**Assigned task:**
Below are records to be output exactly, every one of them.

------ The input

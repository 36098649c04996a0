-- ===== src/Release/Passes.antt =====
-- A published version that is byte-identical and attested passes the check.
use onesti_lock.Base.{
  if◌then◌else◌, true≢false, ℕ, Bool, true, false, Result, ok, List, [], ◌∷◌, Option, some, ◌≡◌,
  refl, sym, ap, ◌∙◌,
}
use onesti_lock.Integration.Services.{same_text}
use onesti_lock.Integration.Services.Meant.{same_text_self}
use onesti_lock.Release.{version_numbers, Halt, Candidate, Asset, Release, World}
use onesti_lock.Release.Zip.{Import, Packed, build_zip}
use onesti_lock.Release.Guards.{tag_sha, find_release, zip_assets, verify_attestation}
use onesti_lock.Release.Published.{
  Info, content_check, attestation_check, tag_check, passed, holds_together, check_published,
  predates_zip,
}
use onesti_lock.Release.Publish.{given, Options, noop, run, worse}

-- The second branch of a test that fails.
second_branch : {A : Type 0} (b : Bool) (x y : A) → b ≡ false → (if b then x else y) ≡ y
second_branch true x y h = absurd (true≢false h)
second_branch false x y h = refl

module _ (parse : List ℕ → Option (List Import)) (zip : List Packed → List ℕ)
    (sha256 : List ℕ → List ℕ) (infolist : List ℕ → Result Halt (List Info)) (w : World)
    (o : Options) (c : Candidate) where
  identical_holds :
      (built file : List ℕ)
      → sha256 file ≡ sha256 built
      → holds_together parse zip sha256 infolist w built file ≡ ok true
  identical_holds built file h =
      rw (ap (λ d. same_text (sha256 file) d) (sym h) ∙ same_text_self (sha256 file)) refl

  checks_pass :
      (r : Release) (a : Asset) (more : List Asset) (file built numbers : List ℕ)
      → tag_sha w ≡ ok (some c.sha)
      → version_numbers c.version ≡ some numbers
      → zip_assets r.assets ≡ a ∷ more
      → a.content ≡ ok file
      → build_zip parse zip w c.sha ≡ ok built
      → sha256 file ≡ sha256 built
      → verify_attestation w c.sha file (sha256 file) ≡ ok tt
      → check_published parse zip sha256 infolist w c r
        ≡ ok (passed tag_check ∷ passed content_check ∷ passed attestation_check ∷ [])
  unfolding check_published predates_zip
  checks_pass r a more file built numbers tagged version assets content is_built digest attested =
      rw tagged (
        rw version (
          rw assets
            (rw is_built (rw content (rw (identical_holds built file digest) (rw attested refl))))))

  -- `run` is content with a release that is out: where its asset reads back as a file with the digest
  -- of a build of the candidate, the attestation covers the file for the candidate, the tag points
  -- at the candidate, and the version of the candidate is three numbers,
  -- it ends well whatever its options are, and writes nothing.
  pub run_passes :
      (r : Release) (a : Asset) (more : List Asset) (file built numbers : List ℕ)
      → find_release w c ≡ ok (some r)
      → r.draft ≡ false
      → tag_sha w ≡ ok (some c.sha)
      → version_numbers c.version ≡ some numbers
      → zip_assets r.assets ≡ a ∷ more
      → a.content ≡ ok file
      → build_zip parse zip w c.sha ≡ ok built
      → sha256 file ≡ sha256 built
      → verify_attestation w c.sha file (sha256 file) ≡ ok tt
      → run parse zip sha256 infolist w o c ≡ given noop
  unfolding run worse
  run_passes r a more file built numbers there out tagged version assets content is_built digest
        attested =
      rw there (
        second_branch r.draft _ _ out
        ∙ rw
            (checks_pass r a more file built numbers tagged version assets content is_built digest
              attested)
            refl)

------------

**Written reply:**
repository 36098649c04996a0
-- ===== src/Release/Passes.antt =====
-- A published version that is byte-identical and attested passes the check.
use onesti_lock.Base.{
  if◌then◌else◌, true≢false, ℕ, Bool, true, false, Result, ok, List, [], ◌∷◌, Option, some, ◌≡◌,
  refl, sym, ap, ◌∙◌,
}
use onesti_lock.Integration.Services.{same_text}
use onesti_lock.Integration.Services.Meant.{same_text_self}
use onesti_lock.Release.{version_numbers, Halt, Candidate, Asset, Release, World}
use onesti_lock.Release.Zip.{Import, Packed, build_zip}
use onesti_lock.Release.Guards.{tag_sha, find_release, zip_assets, verify_attestation}
use onesti_lock.Release.Published.{
  Info, content_check, attestation_check, tag_check, passed, holds_together, check_published,
  predates_zip,
}
use onesti_lock.Release.Publish.{given, Options, noop, run, worse}

-- The second branch of a test that fails.
second_branch : {A : Type 0} (b : Bool) (x y : A) → b ≡ false → (if b then x else y) ≡ y
second_branch true x y h = absurd (true≢false h)
second_branch false x y h = refl

module _ (parse : List ℕ → Option (List Import)) (zip : List Packed → List ℕ)
    (sha256 : List ℕ → List ℕ) (infolist : List ℕ → Result Halt (List Info)) (w : World)
    (o : Options) (c : Candidate) where
  identical_holds :
      (built file : List ℕ)
      → sha256 file ≡ sha256 built
      → holds_together parse zip sha256 infolist w built file ≡ ok true
  identical_holds built file h =
      rw (ap (λ d. same_text (sha256 file) d) (sym h) ∙ same_text_self (sha256 file)) refl

  checks_pass :
      (r : Release) (a : Asset) (more : List Asset) (file built numbers : List ℕ)
      → tag_sha w ≡ ok (some c.sha)
      → version_numbers c.version ≡ some numbers
      → zip_assets r.assets ≡ a ∷ more
      → a.content ≡ ok file
      → build_zip parse zip w c.sha ≡ ok built
      → sha256 file ≡ sha256 built
      → verify_attestation w c.sha file (sha256 file) ≡ ok tt
      → check_published parse zip sha256 infolist w c r
        ≡ ok (passed tag_check ∷ passed content_check ∷ passed attestation_check ∷ [])
  unfolding check_published predates_zip
  checks_pass r a more file built numbers tagged version assets content is_built digest attested =
      rw tagged (
        rw version (
          rw assets
            (rw is_built (rw content (rw (identical_holds built file digest) (rw attested refl))))))

  -- `run` is content with a release that is out: where its asset reads back as a file with the digest
  -- of a build of the candidate, the attestation covers the file for the candidate, the tag points
  -- at the candidate, and the version of the candidate is three numbers,
  -- it ends well whatever its options are, and writes nothing.
  pub run_passes :
      (r : Release) (a : Asset) (more : List Asset) (file built numbers : List ℕ)
      → find_release w c ≡ ok (some r)
      → r.draft ≡ false
      → tag_sha w ≡ ok (some c.sha)
      → version_numbers c.version ≡ some numbers
      → zip_assets r.assets ≡ a ∷ more
      → a.content ≡ ok file
      → build_zip parse zip w c.sha ≡ ok built
      → sha256 file ≡ sha256 built
      → verify_attestation w c.sha file (sha256 file) ≡ ok tt
      → run parse zip sha256 infolist w o c ≡ given noop
  unfolding run worse
  run_passes r a more file built numbers there out tagged version assets content is_built digest
        attested =
      rw there (
        second_branch r.draft _ _ out
        ∙ rw
            (checks_pass r a more file built numbers tagged version assets content is_built digest
              attested)
            refl)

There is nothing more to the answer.